D.C. Chief Judge Beryl Howell, a former Senate Democrat staffer appointed by Barack Obama in 2010 and vocal critic of Trump and his supporters, handled all the behind-the-scenes proceedings including the highly unusual step of piercing attorney-client privilege with Trump’s lawyer, Evan Corcoran, under the “crime fraud exception.” (Her full order remains under seal.) That decision allowed Smith’s team to compel Corcoran’s grand jury testimony and private communications with his client, Donald Trump. The New York Times reported that the evidence collected from Corcoran was “crucial to the shape and outcome of the investigation.”
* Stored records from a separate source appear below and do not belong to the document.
-- ===== src/Common/Text.antt =====
-- The text tests of pdfExport/pdfExportOperation.ts and of
-- composition/compositionSchedulerContractSupport.ts: bounded identities, fingerprints, byte lengths.
use Prim.Native.Char.{code}
use Prim.Native.Nat.{ℕ, zero, suc, ◌+◌}
use Prim.Native.String.{String}
use mathlib.Core.Bool.{Bool, true, false, not, ◌&&◌, ◌||◌}
use mathlib.Core.List.{List, [], ◌∷◌}
use flowdoc_vnext_backend.Common.Tests.{leb, number_eq, ◌==◌, if◌then◌else◌}

-- The code points of a text.
abbrev codes : String → List ℕ
codes String.[] = []
codes (String.◌∷◌ c s) = code c ∷ codes s

-- `value.length`: JavaScript counts UTF-16 units.
utf16_length : List ℕ → ℕ
utf16_length [] = 0
utf16_length (c ∷ cs) = (if leb 65536 c then 2 else 1) + utf16_length cs

-- `Buffer.byteLength(value, "utf8")`.
utf8_length : List ℕ → ℕ
utf8_length [] = 0
utf8_length (c ∷ cs) =
    (if leb 65536 c then 4 else if leb 2048 c then 3 else if leb 128 c then 2 else 1)
    + utf8_length cs

unfoldable pub byte_length_of : String → ℕ
unfolding utf8_length
byte_length_of s = utf8_length (codes s)

-- What `trim` removes: white space and line terminators of ECMAScript.
is_white : ℕ → Bool
is_white c =
    (leb 9 c && leb c 13)
    || (c == 32)
    || (c == 160)
    || (c == 0x1680)
    || (leb 0x2000 c && leb c 0x200a)
    || (c == 0x2028)
    || (c == 0x2029)
    || (c == 0x202f)
    || (c == 0x205f)
    || (c == 0x3000)
    || (c == 0xfeff)

-- `value.trim().length > 0`.
has_ink : List ℕ → Bool
unfolding is_white
has_ink [] = false
has_ink (c ∷ cs) = not (is_white c) || has_ink cs

abbrev pub max_id_length : ℕ
max_id_length = 2048

-- isFlowDocBackendPdfExportBoundedStringV1
unfoldable pub is_bounded : String → Bool
unfolding has_ink utf16_length
is_bounded s = has_ink (codes s) && leb (utf16_length (codes s)) max_id_length

abbrev pub max_short_length : ℕ
max_short_length = 512

-- readCompositionString: whether it gives the text out.
unfoldable pub is_short : String → Bool
unfolding has_ink utf16_length
is_short s = has_ink (codes s) && leb (utf16_length (codes s)) max_short_length

-- `value.length <= 512`.
unfoldable pub is_within_512 : String → Bool
unfolding utf16_length
is_within_512 s = leb (utf16_length (codes s)) max_short_length

is_hex : ℕ → Bool
is_hex c = (leb b'a' c && leb c b'f') || (leb b'0' c && leb c b'9')

-- Exactly so many lower-case hexadecimal digits.
hex_digits : ℕ → List ℕ → Bool
unfolding is_hex
hex_digits zero [] = true
hex_digits (suc n) [] = false
hex_digits zero (c ∷ cs) = false
hex_digits (suc n) (c ∷ cs) = is_hex c && hex_digits n cs

after_prefix : List ℕ → List ℕ → Bool
unfolding hex_digits
after_prefix [] cs = hex_digits 64 cs
after_prefix (p ∷ ps) [] = false
after_prefix (p ∷ ps) (c ∷ cs) = (p == c) && after_prefix ps cs

-- /^sha256:[a-f0-9]{64}$/u
unfoldable pub is_fingerprint : String → Bool
unfolding after_prefix
is_fingerprint s = after_prefix (codes "sha256:") (codes s)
At the last minute, Smith changed venues from D.C. to southern Florida, the proper jurisdiction since the alleged crimes happened in Palm Beach. The Times also reported that moving the investigation to Florida required little more than prosecutors “read[ing] the early grand jury transcripts to the new grand jurors or have federal agents offer them a summary of the most important points.”
Trump’s lawyers called foul. “There's a U.S. Attorney manual provision that states very clearly that a case should not be presented to a grand jury in the district unless venue for the offense lies in that district. There's no scenario under which most of the statutes charged against President Trump that would have ever lied in the District of Columbia,” Kise told Cannon.
Nauta’s attorney also suggested the government broke established rules related to venue. “I have serious questions about how an investigation that had been pending for months and months and months in the District of Columbia ended up here, in the Southern District,” Woodward said. “I'm especially curious, as we see discovery, to know what was done in D.C. and then what was done in Miami and whether there's a motion for abuse of grand jury process in this case.”
And therein lies just one potential problem in keeping Cannon’s schedule. It’s hard to see how an unprecedented case involving a former president and current candidate exacerbated by unclear governing statutes, possible misconduct by government officials, election implications, privilege issues, jury bias, and massive amounts of both unclassified and classified discovery can be ready to go to trial in less than 10 months.
Overshadowing all of this, of course, is DOJs crashing credibility among the public as well as Smith’s recent letter informing Trump that he is a target of the special counsel’s January 6 investigation as well.
How that looming indictment will impact Cannon’s schedule, or her already low tolerance for more shenanigans by this DOJ, remains to be seen. One thing, however, appears to be certain: the fireworks in this case are only just beginning.